Chapter Preview. In the actuarial context, fat-tailed phenomena are often observed where the probability of extreme events is higher than that implied by the normal distribution. The traditional regression, emphasizing the center of the distribution, might not be appropriate when dealing with data with fat-tailed properties. Overlooking the extreme values in the tail could lead to biased inference for rate-making and valuation.
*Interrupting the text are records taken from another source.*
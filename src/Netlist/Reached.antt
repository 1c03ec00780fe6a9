-- ===== src/Netlist/Reached.antt =====
-- Modules that edits lead to (src/warptap/netlist.py).
use warptap.Base.{
  ℕ, ◌+◌, ◌≤◌, arith, false, List, Option, some, String, ok, ◌≡◌, refl, same_name, length,
}
use warptap.Base.Dicts.{lookup, lookup-assign, lookup-assign_other}
use warptap.Netlist.Data.{Value, Port, Cell, Netname, Module, or_empty, new_module}
use warptap.Netlist.{alloc_bits, detach_port}
use warptap.Netlist.Numbers.{Numbered, fresh_bits, advanced, alloc_bits-fresh, new_module-Numbered}
use warptap.Netlist.Numbers.Edits.{Call, perform, Uses, perform-Numbered}
use warptap.Netlist.Numbers.Growth.{perform-le}
use warptap.Netlist.Numbers.Ports.{detach_port-detached}

-- A module is read, and then changed by calls that are given nets of the module.
pub data Reached : Module → Type 0 where
  read :
      (attributes : Option (List (String × Value))) (ports : Option (List (String × Port)))
      (cells : Option (List (String × Cell))) (netnames : Option (List (String × Netname)))
      → Reached (new_module attributes ports cells netnames)
  edited : {m : Module} → Reached m → (call : Call) → Uses m call → Reached (perform call m)

-- Calls that lead from one module to another.
pub data Leads (from : Module) : Module → Type 0 where
  stay : Leads from from
  further : {m : Module} → Leads from m → (call : Call) → Leads from (perform call m)

Leads-le : {from m : Module} → Leads from m → from.next_bit ≤ m.next_bit
Leads-le stay = omega arith
Leads-le (further {m = m0} r call) = omega (arith, Leads-le r, perform-le call m0)

-- Let a module be read and then edited, also by calls that raise, where `add_cell` and `connect` are
-- given only nets with numbers below the next one. Then every net of a port, a cell or a netname has a
-- number below the next one, and `alloc_bits` gives nets with the numbers from the next one on. After
-- any further calls it gives nets from a number on that is above all of these.
pub Reached-Numbered :
    (m later : Module) (width width' : ℕ)
    → Reached m
    → Leads (advanced width m) later
    → Numbered m
      × (alloc_bits width m ≡ (ok (fresh_bits m.next_bit width), advanced width m))
      × (alloc_bits width' later ≡ (ok (fresh_bits later.next_bit width'), advanced width' later))
      × (m.next_bit + width ≤ later.next_bit)
Reached-Numbered m later width width' r more =
    (numbered m r, alloc_bits-fresh width m, alloc_bits-fresh width' later, Leads-le more)
  where
    numbered : (m : Module) → Reached m → Numbered m
    numbered m (read attributes ports cells netnames) =
        new_module-Numbered attributes ports cells netnames
    numbered m (edited {m = m0} r call uses) = perform-Numbered call m0 (numbered m0 r) uses

-- `detach_port` of a port that is there gives back its nets, gives the port as many new ones with
-- the numbers from the next one on, in order, and leaves the other ports and all cells as they were.
pub detach_port-moved :
    (name other : String) (port : Port) (m : Module)
    → lookup (or_empty m.ports) name ≡ some port
    → same_name name other ≡ false
    → let after = (detach_port name m).1 in
      ((detach_port name m).0 ≡ ok port.bits)
      × (lookup (or_empty after.ports) name
          ≡ some (record port { bits = fresh_bits m.next_bit (length port.bits) }))
      × (lookup (or_empty after.ports) other ≡ lookup (or_empty m.ports) other)
      × (after.cells ≡ m.cells)
      × (after.next_bit ≡ m.next_bit + length port.bits)
detach_port-moved name other port m e apart =
    let moved : Port = record port { bits = fresh_bits m.next_bit (length port.bits) } in
    rw (detach_port-detached name port m e) (
      refl,
      lookup-assign (or_empty m.ports) name moved,
      lookup-assign_other (or_empty m.ports) name other moved apart,
      refl,
      refl,
    )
In response, this chapter discusses four fat-tailed regression techniques that fully use the information from the entire distribution: transformation, models based on the exponential family, models based on generalized distributions, and median regression.

Introduction

Insurance ratemaking is a classic actuarial problem in property-casualty insurance where actuaries determine the rates or premiums for insurance products. The primary goal in the ratemaking process is to precisely predict the expected claims cost which serves as the basis for pure premiums calculation. Regression techniques are useful in this process because future events are usually forecasted from past occurrence based on the statistical relationships between outcomes and explanatory variables. This is particularly true for personal lines of business where insurers usually possess large amount of information on policyholders that could be valuable predictors in the determination of mean cost.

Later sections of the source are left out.